■ **What is being asked**
Return exactly the span of lines in the following data that opens with the line containing "unfolding claim_job active_runs event" and closes with the line containing "Ensures-if full _". Include nothing else.

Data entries
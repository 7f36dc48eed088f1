-- ===== src/Bridge/Tests.antt =====
-- Commands of an operator at concrete inputs.
use dvk_claude.Common.{String, ◌≡◌, refl, ap, true, none, some, List, [], ◌∷◌}
use dvk_claude.Json.{null, string}
use dvk_claude.Result.{ok, ◌>>=◌}
use dvk_claude.Controller.Schema.{
  Job, Run, Db, Env, wait_user, approved, rejected, queued, GateDecision, empty,
}
use dvk_claude.Controller.Machine.{Call, enqueues, resolves, run}
use dvk_claude.Controller.Samples.{task, at, waiting_envelope}
use dvk_claude.Api.{Server}
use dvk_claude.Worker.Client.{Exchange, delivered}
use dvk_claude.Bridge.Shlex.{shlex_split, words}
use dvk_claude.Bridge.{Settings, changed, resolved, none_pending, handle_gate, handle_gates}
use dvk_claude.Bridge.Sent.{may_have_decided}
use dvk_claude.Bridge.Decided.{Read, Untouched, handle_gate-decides, handle_gate-refused}

quoted_words :
    shlex_split "approve  \"a \\\" b\"'c d' \\  ''" ≡ ok ("approve" ∷ "a \" bc d" ∷ " " ∷ "" ∷ [])
unfolding words dvk_claude.Common.onto_head
quoted_words = refl

abbrev server : Server
server = record { enrollment_tokens = []; operator_token = some "boss"; number_text = λ n. "0" }

abbrev settings : Settings
settings = record { operator_token = some "boss"; gate_actor = none }

abbrev exchange : Exchange
exchange = record { first = at 5 ""; later = at 6 ""; fate = delivered }

abbrev waiting_job : Job
waiting_job = record {
  job_id = "job-00000001";
  task = task;
  state = wait_user;
  attempt = 1;
  active_run_id = none;
  idempotency_key = none;
  idempotent = true;
  dependency_job_id = none;
  created_at = 1;
}

abbrev waiting_run : Run
waiting_run = record {
  run_id = "r1";
  job_id = "job-00000001";
  worker_id = "w1";
  attempt = 1;
  lease_id = "lease";
  lease_token = "token";
  state = wait_user;
  claimed_at = 2;
  lease_expires_at = 9;
  result = some waiting_envelope;
}

abbrev waiting : Db
waiting = record empty { jobs = waiting_job ∷ []; runs = waiting_run ∷ [] }

abbrev decision : GateDecision
decision = record {
  job_id = "job-00000001";
  gate = "deploy";
  decision = approved;
  actor = "telegram-operator";
  note = some "go on";
  decided_at = 6;
  source_run_id = "r1";
  disposition = queued;
}

-- Another task is enqueued between the two requests.
abbrev busy : List (Env × Call)
busy = (at 5 "", enqueues task) ∷ []

-- Another operator rejects the gate between the two requests.
abbrev overtaken : List (Env × Call)
overtaken =
    (
      at 5 "",
      resolves (string "job-00000001") (string "deploy") rejected (string "r1") (string "other")
          null,
    )
    ∷ []

approves :
    (handle_gate server settings exchange busy exchange "approve job-0000 go on" waiting).notice
    ≡ resolved decision
unfolding handle_gate run dvk_claude.Controller.Machine.step dvk_claude.Controller.Enqueue.enqueue
    ◌>>=◌
approves = refl

handle_gate-decides_example :
    Read server settings exchange busy exchange "approve job-0000 go on" waiting decision
handle_gate-decides_example =
    handle_gate-decides server settings exchange busy exchange "approve job-0000 go on" waiting
      decision approves

comes_late :
    (handle_gate server settings exchange overtaken exchange "approve job-0000" waiting).notice
    ≡ changed
unfolding handle_gate run dvk_claude.Controller.Machine.step
    dvk_claude.Controller.Gates.resolve_gate ◌>>=◌
comes_late = refl

handle_gate-refused_example :
    Untouched server settings exchange overtaken exchange waiting
      (handle_gate server settings exchange overtaken exchange "approve job-0000" waiting).db
handle_gate-refused_example =
    handle_gate-refused server settings exchange overtaken exchange "approve job-0000" waiting
      (ap may_have_decided comes_late)

-- A chat without a waiting job.
nothing_pending : handle_gates server settings exchange "" empty ≡ none_pending
unfolding handle_gates ◌>>=◌
nothing_pending = refl
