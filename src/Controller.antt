-- ===== src/Controller.antt =====
-- hermes_controller/controller.py: the durable state machine of jobs, leases, results and gates.
-- The operations stand in the modules below; what they keep stands in `Controller.Invariant`.
pub mod Schema
pub mod Validate
pub mod Workers
pub mod Enqueue
pub mod Claim
pub mod Leases
pub mod Results
pub mod Gates
pub mod Projects
pub mod Views
pub mod Late
pub mod Machine
pub mod Invariant
pub mod Capacity
pub mod Dispatch
pub mod Expiry
pub mod Repeats
pub mod Named
pub mod Samples
pub mod Tests
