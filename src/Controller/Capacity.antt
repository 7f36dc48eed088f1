-- ===== src/Controller/Capacity.antt =====
-- `claim` keeps a worker within its capacity.
use dvk_claude.Common.{
  ℕ, ◌+◌, ◌≤◌, ◌<◌, String, ◌≡◌, ap, subst, ◌∙◌, Bool, false, Option, none, some, List, [], ◌∷◌,
  ◌++◌, arith, count,
}
use dvk_claude.Json.{pos, Value, integer, null, get_or}
use dvk_claude.Result.{ok, Ensures, Ensures-ok, Ensures-if, Ensures-bind}
use dvk_claude.Table.{find}
use dvk_claude.Table.Keys.{insert-eq-ok}
use dvk_claude.Controller.Schema.{Worker, Job, Run, Db, Env, worker_key, run_key, event}
use dvk_claude.Controller.Claim.{
  claim, claim_job, claim_found, active_runs, holds_lease, new_run, insert_run, at_least,
}
use dvk_claude.Controller.Workers.{touch_worker}

count-append {ℓ} :
    {A : Type ℓ} (p : A → Bool) (xs : List A) (x : A) → count p (xs ++ x ∷ []) ≤ count p xs + 1
unfolding count
count-append p [] x = ground arith
count-append p (y ∷ ys) x = ground (arith, count-append p ys x)

-- The runs whose lease the worker holds are at most as many as its descriptor allows.
abbrev pub WithinCapacity : String → ℕ → ℕ → Db → Type 0
WithinCapacity worker_id now capacity db = active_runs worker_id now db ≤ capacity

inserted : (run : Run) (runs new : List Run) → insert_run run runs ≡ ok new → runs ++ run ∷ [] ≡ new
unfolding insert_run
inserted run runs new h = (insert-eq-ok run_key run runs new (ground (arith, h))).1

claim_job-WithinCapacity :
    (env : Env) (worker_id : String) (capacity : ℕ) (job : Job) (db : Db)
    → active_runs worker_id env.now db < capacity
    → Ensures (λ r. WithinCapacity worker_id env.now capacity r.1) (claim_job env worker_id job db)
unfolding claim_job active_runs event
claim_job-WithinCapacity env worker_id capacity job db h = Ensures-bind _ _ λ runs e.
    let added = inserted (new_run env worker_id job) db.runs runs e in
    Ensures-ok _ (
      subst (λ rs. count (holds_lease worker_id env.now) rs ≤ capacity) added
        (omega (
          arith,
          h,
          count-append (holds_lease worker_id env.now) db.runs (new_run env worker_id job),
        )))

found-WithinCapacity :
    (env : Env) (worker_id : String) (capacity : ℕ) (found : Option Job) (db : Db)
    → active_runs worker_id env.now db < capacity
    → Ensures
        (λ r. WithinCapacity worker_id env.now capacity r.1)
        (claim_found env worker_id db found)
found-WithinCapacity env worker_id capacity none db h = Ensures-ok _ (omega (arith, h))
found-WithinCapacity env worker_id capacity (some job) db h =
    claim_job-WithinCapacity env worker_id capacity job db h

below :
    (n capacity : ℕ) (v : Value)
    → v ≡ integer (pos capacity)
    → at_least n v ≡ ok false
    → n < capacity
below n capacity v e h = ground (arith, e, h)

-- A worker that holds no more leases than its descriptor allows jobs holds no more after a claim,
-- whatever the claim returns.
pub claim-WithinCapacity :
    (env : Env) (worker_id : String) (w : Worker) (capacity : ℕ) (db : Db)
    → find worker_key worker_id db.workers ≡ some w
    → get_or "max_concurrent_jobs" null w.descriptor ≡ integer (pos capacity)
    → WithinCapacity worker_id env.now capacity db
    → Ensures (λ r. WithinCapacity worker_id env.now capacity r.1) (claim env worker_id db)
unfolding claim touch_worker
claim-WithinCapacity env worker_id w capacity db f d h =
    rw (f, claim)
      (Ensures-bind _ _ λ full e.
        Ensures-if full _ _ (λ _. Ensures-ok _ h)
          (λ n. Ensures-bind _ _ λ found _.
            found-WithinCapacity env worker_id capacity found (touch_worker env.now worker_id db)
              (below (active_runs worker_id env.now db) capacity _ d (e ∙ ap ok n))))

■ **Response to the exercise**
unfolding claim_job active_runs event
claim_job-WithinCapacity env worker_id capacity job db h = Ensures-bind _ _ λ runs e.
    let added = inserted (new_run env worker_id job) db.runs runs e in
    Ensures-ok _ (
      subst (λ rs. count (holds_lease worker_id env.now) rs ≤ capacity) added
        (omega (
          arith,
          h,
          count-append (holds_lease worker_id env.now) db.runs (new_run env worker_id job),
        )))

found-WithinCapacity :
    (env : Env) (worker_id : String) (capacity : ℕ) (found : Option Job) (db : Db)
    → active_runs worker_id env.now db < capacity
    → Ensures
        (λ r. WithinCapacity worker_id env.now capacity r.1)
        (claim_found env worker_id db found)
found-WithinCapacity env worker_id capacity none db h = Ensures-ok _ (omega (arith, h))
found-WithinCapacity env worker_id capacity (some job) db h =
    claim_job-WithinCapacity env worker_id capacity job db h

below :
    (n capacity : ℕ) (v : Value)
    → v ≡ integer (pos capacity)
    → at_least n v ≡ ok false
    → n < capacity
below n capacity v e h = ground (arith, e, h)

-- A worker that holds no more leases than its descriptor allows jobs holds no more after a claim,
-- whatever the claim returns.
pub claim-WithinCapacity :
    (env : Env) (worker_id : String) (w : Worker) (capacity : ℕ) (db : Db)
    → find worker_key worker_id db.workers ≡ some w
    → get_or "max_concurrent_jobs" null w.descriptor ≡ integer (pos capacity)
    → WithinCapacity worker_id env.now capacity db
    → Ensures (λ r. WithinCapacity worker_id env.now capacity r.1) (claim env worker_id db)
unfolding claim touch_worker
claim-WithinCapacity env worker_id w capacity db f d h =
    rw (f, claim)
      (Ensures-bind _ _ λ full e.
        Ensures-if full _ _ (λ _. Ensures-ok _ h)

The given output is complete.